We law students are an overachieving competitive bunch. It comes with the territory. We’re all pretty bright and have had to fight our way in to the academic equivalent of Tough Mudder. There seems to be the perception that not only is it okay for us to push our bodies and minds to their limits, but that it is expected of us, and that anything else is a sign of weakness and ineptitude. This ethos is just plain wrong and unhealthy.
I have been studying law part time for over five years. I have increased and decreased my workload on a number of occasions to fit in with my life. Yes, my actual life. My life outside of being a law student.
When I started my degree, I had only one child and was working. I very mistakenly thought that maternity leave was a perfect opportunity to overload my studies because of all that alleged time off. Oh how wrong I was. I was so exhausted from sleep deprivation and my brain was, putting it mildly, fried. I stressed myself out to the point where I was an emotional mess and of no use to anyone. Unsurprisingly, I managed to fail a subject in the midst of all that chaos. Incidentally, the kettle does not belong in the fridge.
In a moment of clarity after a suitable period of doldrums and self pity, I realised that in my efforts to fast track my degree, I had actually slowed myself down because I would now need to repeat a subject but also take time to recover my health physically.
This was the point where I decided to slow down. I decided to go against the law student archetype. I decided to make my degree fit in my life, rather than my life needing to accommodate the needs of my degree. Many people were stunned and thought I was crazy. Some still do.
I have not taken a break from studying in over four years. I have had two weeks at the end of each trimester, as my uni calls it, to gather my thoughts, tend to my wounded textbooks and bury the dead highlighters.

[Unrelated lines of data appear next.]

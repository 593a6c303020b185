-- ===== src/Proxy/Loop/Cached.antt =====
-- A window that was walked is not walked again while the menu cache of bridge/src/atspi.rs answers.
use noctalia_appmenu.Prelude.{
  ℕ, ◌≤◌, ◌+◌, ◌&&◌, ◌==◌, ◌≡◌, refl, sym, ap, ◌∙◌, ◌⊎◌, inl, inr, Bool, true, false, List, [], ◌∷◌,
  map, Option, some, arith, All, if◌then◌else◌, Bool-cases, Text, text_eq, Instant, Duration,
  from_secs,
}
use noctalia_appmenu.Prelude.Str.Laws.{text_eq_iff}
use noctalia_appmenu.Menu.Tree.{MenuItem}
use noctalia_appmenu.Config.{Config}
use noctalia_appmenu.Desktop.Resolve.{System}
use noctalia_appmenu.Atspi.Cache.{MenuCache, get, put}
use noctalia_appmenu.Atspi.Cache.Laws.{get-put, get-put_same}
use noctalia_appmenu.Proxy.Write.{Payload}
use noctalia_appmenu.Proxy.Loop.{
  Bridge, Round, Walk, walked, walk_failed, eager_write, publish_props, resolve_menu, after_walk,
  final_write, round, after_restart, run_loop, focus_title,
}
use noctalia_appmenu.Proxy.Loop.Walks.{Walks, round-cached, round-stored}
use noctalia_appmenu.Proxy.Loop.Rests.{resolve_menu-cases}

-- The cache answers for the window until the instant, with this very walk.
abbrev pub Answers : Instant → Text → ℕ → ℕ → Option MenuItem → MenuCache → Type 0
Answers end app_id pid winid menu c =
    (c.poisoned ≡ false) × ((now : Instant) → now ≤ end → get c now app_id pid winid ≡ some menu)

-- The round is for the window.
abbrev is_for : Text → ℕ → ℕ → Round → Bool
is_for a p w r =
    text_eq r.snapshot.app_id a && (r.snapshot.focus_pid == p && r.snapshot.focus_winid == w)

put-unpoisoned :
    (c : MenuCache) (t : Instant) (b : Text) (q v : ℕ) (found : Option MenuItem)
    → c.poisoned ≡ false
    → (put c t b q v found).poisoned ≡ false
unfolding put
put-unpoisoned c t b q v found p = ground (arith, p)

-- A walk of another window leaves the answer as it is.
put-Answers :
    (end t : Instant) (a b : Text) (p q w v : ℕ) (menu found : Option MenuItem) (c : MenuCache)
    → (text_eq b a && (q == p && v == w)) ≡ false
    → Answers end a p w menu c
    → Answers end a p w menu (put c t b q v found)
put-Answers end t a b p q w v menu found c other (unpoisoned, answers) = (
  put-unpoisoned c t b q v found unpoisoned,
  λ now soon. get-put c t now b a q p v w found unpoisoned ∙ (rw other (answers now soon)),
)

is_for-window :
    (a : Text) (p w : ℕ) (r : Round)
    → is_for a p w r ≡ true
    → (r.snapshot.app_id ≡ a) × (r.snapshot.focus_pid ≡ p) × (r.snapshot.focus_winid ≡ w)
is_for-window a p w r h =
    ((text_eq_iff r.snapshot.app_id a).0 (ground arith), ground arith, ground arith)

module _ (cfg : Config) (sys : System) (to_string : Payload → Text) where
  -- The round, with a walk that fails if it is for the window.
  abbrev pub unlooking : Text → ℕ → ℕ → Round → Round
  unlooking a p w r = if is_for a p w r then record r { walk = λ _. walk_failed } else r

  unlooking-restarted :
      (a : Text) (p w : ℕ) (r : Round) → (unlooking a p w r).restarted ≡ r.restarted
  unlooking-restarted a p w r = elim (Bool-cases (is_for a p w r)) [
    | inl h ↦ rw h refl
    | inr h ↦ rw h refl
  ]

  resolve_menu-answered :
      (r : Round) (s : Bridge) (cached : Option MenuItem)
      → get s.menus r.cache_at r.snapshot.app_id r.snapshot.focus_pid r.snapshot.focus_winid
        ≡ some cached
      → (resolve_menu cfg sys to_string r s).0.menus ≡ s.menus
  unfolding resolve_menu
  resolve_menu-answered r s cached e = ground (arith, e)

  module _ (end : Instant) (a : Text) (p w : ℕ) (menu : Option MenuItem) where
    after_walk-Answers :
        (r : Round) (s : Bridge) (found : Walk)
        → is_for a p w r ≡ false
        → Answers end a p w menu s.menus
        → Answers end a p w menu (after_walk cfg sys to_string r s found).0.menus
    unfolding after_walk
    after_walk-Answers r s walk_failed other h = h
    after_walk-Answers r s (walked m took) other h =
        put-Answers end r.learned_at a r.snapshot.app_id p r.snapshot.focus_pid w
          r.snapshot.focus_winid menu m s.menus other h

    Answers-round :
        (r : Round) (s : Bridge)
        → is_for a p w r ≡ true
        → r.cache_at ≤ end
        → Answers end a p w menu s.menus
        → get s.menus r.cache_at r.snapshot.app_id r.snapshot.focus_pid r.snapshot.focus_winid
          ≡ some menu
    Answers-round r s e soon (_, answers) =
        let (same, pid, winid) = is_for-window a p w r e in
        rw (same, pid, winid) (answers r.cache_at soon)

    resolve_menu-Answers :
        (r : Round) (s : Bridge)
        → r.cache_at ≤ end
        → Answers end a p w menu s.menus
        → Answers end a p w menu (resolve_menu cfg sys to_string r s).0.menus
    resolve_menu-Answers r s soon h = elim (Bool-cases (is_for a p w r)) [
      | inl e ↦ rw (resolve_menu-answered r s menu (Answers-round r s e soon h)) h
      | inr e ↦ elim (resolve_menu-cases cfg sys to_string r s) [
        | inl (found, same) ↦ rw same h
        | inr same ↦
            rw same (after_walk-Answers r s (r.walk (focus_title cfg sys to_string r.snapshot)) e h)
      ]
    ]

    round-menus :
        (r : Round) (s : Bridge)
        → ((round cfg sys to_string r s).0.menus ≡ s.menus)
          ⊎ ((round cfg sys to_string r s).0.menus
              ≡ (resolve_menu cfg sys to_string r
                  (publish_props cfg sys to_string r (eager_write cfg sys to_string r s))).0.menus)
    unfolding round publish_props eager_write final_write
    round-menus r s = elim (Bool-cases r.signals_sent) [
      | inl sent ↦ inr (ground arith)
      | inr lost ↦ inl (ground arith)
    ]

    round-Answers :
        (r : Round) (s : Bridge)
        → r.cache_at ≤ end
        → Answers end a p w menu s.menus
        → Answers end a p w menu (round cfg sys to_string r s).0.menus
    unfolding publish_props eager_write
    round-Answers r s soon h = elim (round-menus r s) [
      | inl same ↦ rw same h
      | inr same ↦ rw same (
          resolve_menu-Answers r
            (publish_props cfg sys to_string r (eager_write cfg sys to_string r s)) soon h)
    ]

    round-unlooking :
        (r : Round) (s : Bridge)
        → r.cache_at ≤ end
        → Answers end a p w menu s.menus
        → round cfg sys to_string r s ≡ round cfg sys to_string (unlooking a p w r) s
    round-unlooking r s soon h = elim (Bool-cases (is_for a p w r)) [
      | inl e ↦
          rw e (
            round-cached cfg sys to_string r s menu (λ _. walk_failed) (Answers-round r s e soon h))
      | inr e ↦ rw e refl
    ]

    run_loop-unlooking :
        (rs : List Round) (s : Bridge)
        → All (λ r. r.cache_at ≤ end) rs
        → Answers end a p w menu s.menus
        → run_loop cfg sys to_string s rs ≡ run_loop cfg sys to_string s (map (unlooking a p w) rs)
    unfolding run_loop after_restart
    run_loop-unlooking [] s soon h = refl
    run_loop-unlooking (r ∷ rs) s (soon, later) h =
        let before = after_restart r.restarted s in
        let blind = map (unlooking a p w) rs in
        let goes_on = (round cfg sys to_string r before).1 in
        ap (λ rest. (round cfg sys to_string r before).0 ∷ (if goes_on then rest else []))
          (run_loop-unlooking rs (round cfg sys to_string r before).0 later
            (round-Answers r before soon h))
        ∙ ap (λ x. x.0 ∷ (if x.1 then run_loop cfg sys to_string x.0 blind else []))
            (round-unlooking r before soon h)
        ∙ ap
            (λ b.
              let x = round cfg sys to_string (unlooking a p w r) (after_restart b s) in
              x.0 ∷ (if x.1 then run_loop cfg sys to_string x.0 blind else []))
            (sym (unlooking-restarted a p w r))

  -- A round that walks the accessibility tree stores what it finds: whatever rounds follow, of this
  -- window or of others, woken by a focus or by `RefreshActive`, during the next 30 s no round for
  -- the same application, process and window looks at the tree again. Whatever their walks would
  -- return, the loop goes through the same states as if they all failed. (The walking round's
  -- signals are sent, and the cache's lock is not poisoned.)
  pub run_loop-cached :
      (r : Round) (s : Bridge) (menu : Option MenuItem) (took : Duration) (rs : List Round)
      → r.signals_sent ≡ true
      → Walks cfg sys to_string r s menu took
      → s.menus.poisoned ≡ false
      → All (λ q. q.cache_at ≤ r.learned_at + from_secs 30) rs
      → run_loop cfg sys to_string (round cfg sys to_string r s).0 rs
        ≡ run_loop cfg sys to_string
            (round cfg sys to_string r s).0
            (map (unlooking r.snapshot.app_id r.snapshot.focus_pid r.snapshot.focus_winid) rs)
  run_loop-cached r s menu took rs sent walks unpoisoned soon =
      run_loop-unlooking (r.learned_at + from_secs 30) r.snapshot.app_id r.snapshot.focus_pid
        r.snapshot.focus_winid menu rs (round cfg sys to_string r s).0 soon
        (rw (round-stored cfg sys to_string r s menu took sent walks) (
          put-unpoisoned s.menus r.learned_at r.snapshot.app_id r.snapshot.focus_pid
              r.snapshot.focus_winid menu unpoisoned,
          λ now h.
              get-put_same s.menus r.learned_at now r.snapshot.app_id r.snapshot.focus_pid
                r.snapshot.focus_winid menu unpoisoned h,
        ))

The beauty of summer school is that this year, only one subject I needed was offered, and as a consequence I have enjoyed seven weeks studying only one subject. I have found that because my workload is so much lighter, I am more attentive to my family, eating better, not nearly as snarky as usual and I am actually focused and enjoying work. Aside from this weekend, which has been dedicated to finishing off my Civil Procedure assignment.
The baby in question is now about to enter Primary School and although I am still plodding away at the world’s longest degree, I am happy that I slowed down and took the time to enjoy this precious and irreplaceable time with him and with his big sister. I am now about to slow down even further as I go back to work full time.
Looking at my life in the most pragmatic way possible, I know that any more than one subject per semester for me, with working full time and parenting the two most important people in my universe, is going to be too hard.
I am not weak for making this decision. It takes a great deal of strength to go against convention and do what is best for you and the people that are important to you.
I know that this decision will delay my graduation by at least 18 months. I also know that I would rather graduate later and retain my sanity now and enjoy my life because, let face it, law school (contrary to popular belief) is not everything.